IQs can be interpreted through two approaches: top-down or bottom-up. The top-down theory espouses the idea that all areas of intelligence are correlated and that the ‘general factor’ g – or IQ- is a good measure of overall intellectual ability. In the bottom-up approach, all areas of intelligence are analyzed to present a wider picture of a person’s abilities, including their personal strengths and weaknesses. Two people with the same IQ can have very different profiles, after all. There is also emerging comparison between normative and ipsative approaches to cognitive scoring. The normative method, previously mentioned, compares one person’s score to a norm of many other scores from testers of similar age. This results in a ranking of performances. The ipsative approach compares one person’s scores to their own varied performance and includes any past results, determining personal progress over time. This helps create intervention to strengthen areas that may be weak within an individual’s profile. Over time, norm-referenced assessment has faced increasing criticism. Stern, one of the pioneers of the IQ concept, became critical of normative approaches to intelligence measurement in his later career. American psychologist Alan Kaufman is a modern researcher and test creator who has embraced including the ipsative approach when understanding a person’s overall intelligence. 
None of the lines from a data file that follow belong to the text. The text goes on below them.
-- ===== src/Tunnel/Server/Outcomes.antt =====
-- How a control request ends: refused with the state unchanged, connected, or failed with what that
-- leaves behind.
use mylittleproxy.Base.{
  ◌<◌, ◌≤◌, Bytes, ◌≡◌, ◌≢◌, ◌⊎◌, inl, inr, Option, List, arith, ok, err, Result-cases,
}
use mylittleproxy.Proto.{ConnectionConfig, client_identifier_header, client_identifier_signature}
use mylittleproxy.Tunnel.Regexp.{Regexp}
use mylittleproxy.Tunnel.VirtualHosts.{HttpRewriteRule, VirtualHosts, add_host}
use mylittleproxy.Tunnel.Server.{Server, Settings}
use mylittleproxy.Tunnel.Server.Handshake.{Sign, HandshakeIo, control_handler}
use mylittleproxy.Tunnel.Server.Connect.{
  Request, Reply, http_error, taken_over, admit, conclude, check_connect, header_get,
}
use mylittleproxy.Tunnel.Server.Admission.{IsAdmitted, admit_sound, admit_complete}

-- A reply that blames the request.
abbrev pub IsClientError : Reply → Type 0
IsClientError (http_error code b) = (400 ≤ code) × (code < 500)
IsClientError taken_over = ⊥

module _ (re : Regexp) (sign : Sign) (decode : Bytes → Option ConnectionConfig) where
  open re use {Regex}

  abbrev id_of : Request → Bytes
  id_of r = header_get client_identifier_header r

  abbrev signature_of : Request → Bytes
  signature_of r = header_get client_identifier_signature r

  admit-IsClientError :
      (c : Settings Regex) (r : Request) (reply : Reply)
      → admit re sign decode c r ≡ err reply
      → IsClientError reply
  unfolding admit
  admit-IsClientError c r reply e = ground arith

  -- What a control request does: it is answered with a client error, leaves the server as it was and
  -- is not admitted, or its domain is another client's; or it is admitted, and `controlHandler`
  -- decides, on the state with the host added.
  pub check_connect_cases :
      (h : HandshakeIo) (r : Request) (s : Server Regex)
      → (IsClientError (check_connect re sign decode h r s).0
          × ((check_connect re sign decode h r s).1 ≡ s)
          × ((domain : Bytes) (rules : List (HttpRewriteRule Regex)) (hosts : VirtualHosts Regex)
              → IsAdmitted re sign decode s.settings r domain rules
              → add_host domain (id_of r) rules s.virtual_hosts ≢ ok hosts))
        ⊎ ((domain : Bytes) × (rules : List (HttpRewriteRule Regex)) × (hosts : VirtualHosts Regex)
            × IsAdmitted re sign decode s.settings r domain rules
            × (add_host domain (id_of r) rules s.virtual_hosts ≡ ok hosts)
            × (check_connect re sign decode h r s
                ≡ conclude (id_of r) (
                    control_handler sign h
                      (id_of r)
                      (signature_of r)
                      (record s { virtual_hosts = hosts }))))
  unfolding check_connect
  check_connect_cases h r s = elim (Result-cases (admit re sign decode s.settings r)) [
    | inr (reply, a) ↦ inl (
      rw (a, check_connect) (admit-IsClientError s.settings r reply a),
      rw (a, check_connect),
      λ domain rules hosts ad e.
          absurd (cc (a, admit_complete re sign decode s.settings r domain rules ad)),
    )
    | inl ((domain, rules), a) ↦
        elim (Result-cases (add_host domain (id_of r) rules s.virtual_hosts)) [
          | inr (e, b) ↦ inl (
            rw (a, b, check_connect) (omega arith, omega arith),
            rw (a, b, check_connect),
            λ d rs hosts ad f.
                absurd
                  (ground (arith, a, b, f, admit_complete re sign decode s.settings r d rs ad)),
          )
          | inl (hosts, b) ↦ inr (
            domain,
            rules,
            hosts,
            admit_sound re sign decode s.settings r domain rules a,
            b,
            rw (a, b, check_connect),
          )
        ]
  ]
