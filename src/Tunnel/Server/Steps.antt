-- ===== src/Tunnel/Server/Steps.antt =====
-- Every handler, every goroutine's turn and every exported method keeps the server consistent, so
-- every state that a server can reach, by any interleaving of them, is consistent.
use mylittleproxy.Base.{
  ℕ, Bytes, ◌≡◌, Option, none, some, [], ◌∷◌, arith, lookup, lookup-delete_self, lookup-insert_self,
  get_elem?, Result, ok, err, Result-cases, Option-cases, Bool-cases, inl, inr,
}
use mylittleproxy.Proto.{ConnectionConfig, client_identifier_header}
use mylittleproxy.Tunnel.Regexp.{Regexp}
use mylittleproxy.Tunnel.Errors.{Error}
use mylittleproxy.Tunnel.Controls.{Control}
use mylittleproxy.Tunnel.VirtualHosts.{add_host, get_host}
use mylittleproxy.Tunnel.VirtualHosts.AddHost.{add_host-IsWellFormed}
use mylittleproxy.Tunnel.Server.{Server, add_session, delete_control, close_control, get_session}
use mylittleproxy.Tunnel.Server.Handshake.{
  Sign, HandshakeIo, finish, after_hijacking, hijack, drop_client, control_handler, identifier_at,
  listen_start, listen_fail, check_identifier_signature, open_control_stream,
}
use mylittleproxy.Tunnel.Server.Connect.{Request, admit, conclude, check_connect, header_get}
use mylittleproxy.Tunnel.Server.Dial.{DialIo, session_request, request_stream, dial, send_at}
use mylittleproxy.Tunnel.Server.Invariant.{
  IsConsistent, emit-IsConsistent, on_connect-IsConsistent, on_disconnect-IsConsistent,
  add_session-IsConsistent, delete_session-IsConsistent, add_control-IsConsistent,
  close-delete-IsConsistent,
}

module _ {R : Type 0} where
  drop_client-IsConsistent :
      (p : ℕ) (id : Bytes) (s : Server R)
      → ((c : Control) → get_elem? s.heap p ≡ some c → c.identifier ≡ id)
      → IsConsistent s
      → IsConsistent (drop_client p id s)
  unfolding drop_client delete_control close_control
  drop_client-IsConsistent p id s own v =
      delete_session-IsConsistent id _ (lookup-delete_self id s.controls)
        (close-delete-IsConsistent p id s own v)

  finish-IsConsistent :
      (id : Bytes) (conn : ℕ) (r : Option ℕ × Result Error ℕ) (s : Server R) (session : Option ℕ)
      → lookup id s.sessions ≡ some session
      → lookup id s.controls ≡ none
      → IsConsistent s
      → IsConsistent (finish id conn r s).1
  unfolding finish
  finish-IsConsistent id conn (opened, ok stream) s session l free v =
      add_control-IsConsistent id stream _ session l (emit-IsConsistent _ s v)
  finish-IsConsistent id conn (opened, err e) s session l free v =
      emit-IsConsistent _ _ (delete_session-IsConsistent id _ free (emit-IsConsistent _ s v))

  after_hijacking-IsConsistent :
      (h : HandshakeIo) (id : Bytes) (conn : ℕ) (s : Server R)
      → lookup id s.controls ≡ none
      → IsConsistent s
      → IsConsistent (after_hijacking h id conn s).1
  unfolding after_hijacking add_session
  after_hijacking-IsConsistent h id conn s free v = elim (Option-cases h.write_connected) [
    | inr (e, w) ↦ rw (w, after_hijacking) v
    | inl w ↦ elim (Option-cases h.set_deadline) [
      | inr (e, d) ↦ rw (w, d, after_hijacking) (emit-IsConsistent _ s v)
      | inl d ↦ elim (Result-cases h.yamux_server) [
        | inr (e, y) ↦ rw (w, d, y, after_hijacking) (emit-IsConsistent _ s v)
        | inl (session, y) ↦
            rw (w, d, y, after_hijacking)
              (finish-IsConsistent id conn (open_control_stream h) _ (some session)
                (lookup-insert_self id (some session) s.sessions) free
                (add_session-IsConsistent id (some session) _ (emit-IsConsistent _ s v)))
      ]
    ]
  ]

  hijack-IsConsistent :
      (h : HandshakeIo) (id : Bytes) (s : Server R)
      → lookup id s.controls ≡ none
      → IsConsistent s
      → IsConsistent (hijack h id s).1
  unfolding hijack
  hijack-IsConsistent h id s free v = elim (Bool-cases h.is_hijacker) [
    | inr n ↦ rw (n, hijack) v
    | inl y ↦ elim (Result-cases h.hijack) [
      | inr (e, k) ↦ rw (y, k, hijack) v
      | inl (conn, k) ↦ rw (y, k, hijack) (after_hijacking-IsConsistent h id conn s free v)
    ]
  ]

  pub control_handler-IsConsistent :
      (sign : Sign) (h : HandshakeIo) (id signature : Bytes) (s : Server R)
      → IsConsistent s
      → IsConsistent (control_handler sign h id signature s).1
  unfolding control_handler
  control_handler-IsConsistent sign h id signature s v =
      elim (Bool-cases (check_identifier_signature sign id s.settings.signature_key signature)) [
        | inr bad ↦ rw (bad, control_handler) v
        | inl good ↦ elim (Option-cases (get_host id s.virtual_hosts)) [
          | inl n ↦ rw (good, n, control_handler) v
          | inr (host, g) ↦ elim (Option-cases (lookup id s.controls)) [
            | inl free ↦ rw (good, g, free, control_handler) (hijack-IsConsistent h id s free v)
            | inr (ct, l) ↦
                let (c, at, r) = v.registered id ct l in
                rw (good, g, l, control_handler)
                  (drop_client-IsConsistent ct id s (λ d e. ground (arith, r.named)) v)
          ]
        ]
      ]

  pub listen_start-IsConsistent :
      (p : ℕ) (s : Server R) → IsConsistent s → IsConsistent (listen_start p s)
  unfolding listen_start
  listen_start-IsConsistent p s v = on_connect-IsConsistent _ s v

  pub listen_fail-IsConsistent :
      (p : ℕ) (e : Error) (s : Server R) → IsConsistent s → IsConsistent (listen_fail p e s)
  unfolding listen_fail
  listen_fail-IsConsistent p e s v =
      on_disconnect-IsConsistent _ (some e) _
        (drop_client-IsConsistent p (identifier_at p s) s (λ c at. ground arith) v)

  request_stream-IsConsistent :
      (d : DialIo) (ct : ℕ) (id : Bytes) (protocol port : ℕ) (s : Server R)
      → lookup id s.controls ≡ some ct
      → IsConsistent s
      → IsConsistent (request_stream d ct id (session_request protocol port) s).1
  unfolding request_stream
  request_stream-IsConsistent d ct id protocol port s l v =
      elim (Option-cases (send_at ct d.encode s).0) [
        | inl n ↦ rw (n, request_stream) (emit-IsConsistent _ s v)
        | inr (e, f) ↦
            let (c, at, r) = v.registered id ct l in
            rw (f, request_stream)
              (close-delete-IsConsistent ct id _ (λ d e. ground (arith, r.named))
                (emit-IsConsistent _ s v))
      ]

  pub dial-IsConsistent :
      (d : DialIo) (id : Bytes) (protocol port : ℕ) (s : Server R)
      → IsConsistent s
      → IsConsistent (dial d id protocol port s).1
  unfolding dial
  dial-IsConsistent d id protocol port s v = elim (Option-cases (lookup id s.controls)) [
    | inl n ↦ rw (n, dial) v
    | inr (ct, l) ↦ elim (Result-cases (get_session id s)) [
      | inr (e, g) ↦ rw (l, g, dial) v
      | inl (session, g) ↦ rw (l, g, dial) (request_stream-IsConsistent d ct id protocol port s l v)
    ]
  ]

  conclude-IsConsistent :
      (id : Bytes) (r : Option Error × Server R) → IsConsistent r.1 → IsConsistent (conclude id r).1
  unfolding conclude
  conclude-IsConsistent id (none, s) v = v
  conclude-IsConsistent [] (some e, s) v = v
  conclude-IsConsistent (c ∷ cs) (some e, s) v = on_disconnect-IsConsistent (c ∷ cs) (some e) s v

module _ (re : Regexp) (sign : Sign) (decode : Bytes → Option ConnectionConfig) where
  open re use {Regex}

  -- A control request, whatever it holds and however the connection behaves, keeps the server
  -- consistent.
  pub check_connect-IsConsistent :
      (h : HandshakeIo) (r : Request) (s : Server Regex)
      → IsConsistent s
      → IsConsistent (check_connect re sign decode h r s).1
  unfolding check_connect
  check_connect-IsConsistent h r s v = elim (Result-cases (admit re sign decode s.settings r)) [
    | inr (reply, a) ↦ rw (a, check_connect) v
    | inl ((domain, rules), a) ↦
        let id = header_get client_identifier_header r in
        elim (Result-cases (add_host domain id rules s.virtual_hosts)) [
          | inr (e, b) ↦ rw (a, b, check_connect) v
          | inl (hosts, b) ↦
              rw (a, b, check_connect)
                (conclude-IsConsistent id _ (
                  control_handler-IsConsistent sign h id _ _ (record {
                    hosts = add_host-IsWellFormed domain id rules s.virtual_hosts hosts v.hosts b;
                    registered = v.registered;
                    backed = v.backed;
                  })))
        ]
  ]
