-- ===== src/Tunnel/Server/PublicSteps.antt =====
-- A public request keeps the server consistent.
use mylittleproxy.Base.{
  ℕ, Bytes, Option, none, some, Result-cases, Option-cases, Bool-cases, inl, inr, is_empty,
}
use mylittleproxy.Proto
use mylittleproxy.Proto.{ConnectionConfig}
use mylittleproxy.Std.Text.{to_lower}
use mylittleproxy.Tunnel.Regexp.{Regexp}
use mylittleproxy.Tunnel.Errors.{Error}
use mylittleproxy.Tunnel.Server.{Server}
use mylittleproxy.Tunnel.Server.Connect.{Request}
use mylittleproxy.Tunnel.Server.Dial.{dial}
use mylittleproxy.Tunnel.Server.Exchange.{
  Writer, PublicIo, upgrade_on, handle_ws_conn, exchange, fresh,
}
use mylittleproxy.Tunnel.Server.Public.{
  tunnel_request, rewrite_request, find_identifier, handle_http, public_handler, is_websocket_conn,
  with_bad_gateway,
}
use mylittleproxy.Tunnel.Server.Invariant.{IsConsistent, emit-IsConsistent}
use mylittleproxy.Tunnel.Server.Steps.{dial-IsConsistent}

module _ {R : Type 0} where
  pub upgrade_on-IsConsistent :
      (p : PublicIo) (r : Request) (conn : ℕ) (id : Bytes) (port : ℕ) (s : Server R)
      → IsConsistent s
      → IsConsistent (upgrade_on p r conn id port s).1
  unfolding upgrade_on
  upgrade_on-IsConsistent p r conn id port s v =
      let d = dial-IsConsistent p.dial id Proto.ws port s v in
      elim (Result-cases (dial p.dial id Proto.ws port s).0) [
        | inr (e, f) ↦ rw (f, upgrade_on) d
        | inl (stream, f) ↦ rw (f, upgrade_on) (emit-IsConsistent _ _ d)
      ]

  pub handle_ws_conn-IsConsistent :
      (p : PublicIo) (r : Request) (id : Bytes) (port : ℕ) (w : Writer) (s : Server R)
      → IsConsistent s
      → IsConsistent (handle_ws_conn p r id port w s).2
  unfolding handle_ws_conn
  handle_ws_conn-IsConsistent p r id port w s v = elim (Bool-cases p.is_hijacker) [
    | inr n ↦ rw (n, handle_ws_conn) v
    | inl y ↦ elim (Result-cases p.hijack) [
      | inr (e, k) ↦ rw (y, k, handle_ws_conn) v
      | inl (conn, k) ↦ rw (y, k, handle_ws_conn) (upgrade_on-IsConsistent p r conn id port s v)
    ]
  ]

  pub exchange-IsConsistent :
      (p : PublicIo) (r : Request) (stream : ℕ) (w : Writer) (s : Server R)
      → IsConsistent s
      → IsConsistent (exchange p r stream w s).2
  unfolding exchange
  exchange-IsConsistent p r stream w s v = elim (Option-cases p.write_request) [
    | inr (e, k) ↦ rw (k, exchange) (emit-IsConsistent _ s v)
    | inl k ↦ elim (Result-cases p.read_response) [
      | inr (e, m) ↦ rw (k, m, exchange) (emit-IsConsistent _ s v)
      | inl (resp, m) ↦ rw (k, m, exchange) (emit-IsConsistent _ s v)
    ]
  ]

  pub tunnel_request-IsConsistent :
      (p : PublicIo) (r : Request) (id : Bytes) (w : Writer) (s : Server R)
      → IsConsistent s
      → IsConsistent (tunnel_request p r id w s).2
  unfolding tunnel_request
  tunnel_request-IsConsistent p r id w s v = elim (Bool-cases (is_websocket_conn r)) [
    | inl y ↦ rw (y, tunnel_request) (handle_ws_conn-IsConsistent p r id 0 w s v)
    | inr n ↦
        let d = dial-IsConsistent p.dial id Proto.http 0 s v in
        elim (Result-cases (dial p.dial id Proto.http 0 s).0) [
          | inr (e, f) ↦ rw (n, f, tunnel_request) d
          | inl (stream, f) ↦ rw (n, f, tunnel_request) (exchange-IsConsistent p r stream w _ d)
        ]
  ]

module _ (re : Regexp) where
  open re use {Regex}

  pub handle_http-IsConsistent :
      (p : PublicIo) (r : Request) (w : Writer) (s : Server Regex)
      → IsConsistent s
      → IsConsistent (handle_http re p r w s).2
  unfolding handle_http
  handle_http-IsConsistent p r w s v = elim (Bool-cases (is_empty (to_lower r.host))) [
    | inl y ↦ rw (y, handle_http) v
    | inr n ↦ elim (Option-cases (find_identifier (to_lower r.host) s.virtual_hosts)) [
      | inl f ↦ rw (n, f, handle_http) v
      | inr (id, f) ↦ elim (Option-cases (rewrite_request re r id s.virtual_hosts)) [
        | inl g ↦ rw (n, f, g, handle_http) v
        | inr (r', g) ↦ rw (n, f, g, handle_http) (tunnel_request-IsConsistent p r' id w s v)
      ]
    ]
  ]

  pub with_bad_gateway-IsConsistent :
      (t : Option Error × Writer × Server Regex)
      → IsConsistent t.2
      → IsConsistent (with_bad_gateway re t).1
  with_bad_gateway-IsConsistent (none, w, s) v = v
  with_bad_gateway-IsConsistent (some e, w, s) v = v

  pub public_handler-IsConsistent :
      (director : Option (Request → Request)) (p : PublicIo) (r : Request) (s : Server Regex)
      → IsConsistent s
      → IsConsistent (public_handler re director p r s).1
  unfolding public_handler
  public_handler-IsConsistent director p r s v =
      with_bad_gateway-IsConsistent _ (handle_http-IsConsistent p _ fresh s v)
In addition to complexities mentioned so far in this article, opinions differ on validity and reliability of cognitive testing in general. Many factors can affect an individual’s results: cultural and language differences, evaluator practices and competence, differences in socioeconomic status, and even a tester’s mood or health on the day of assessment. These factors, among others, can affect the testing outcome. Researchers and experts generally agree that cognitive tests currently in use are valid and reliable; however, it is important to be aware that controversy exists in this area.

Because intelligence is complex and variations occur across a person’s cognitive profile, it’s important to refrain from forming a judgment about someone’s prospects for success based solely on the results from an IQ assessment. Our understanding about intelligence has changed considerably over the last century- imagine what may develop over the next 100 years!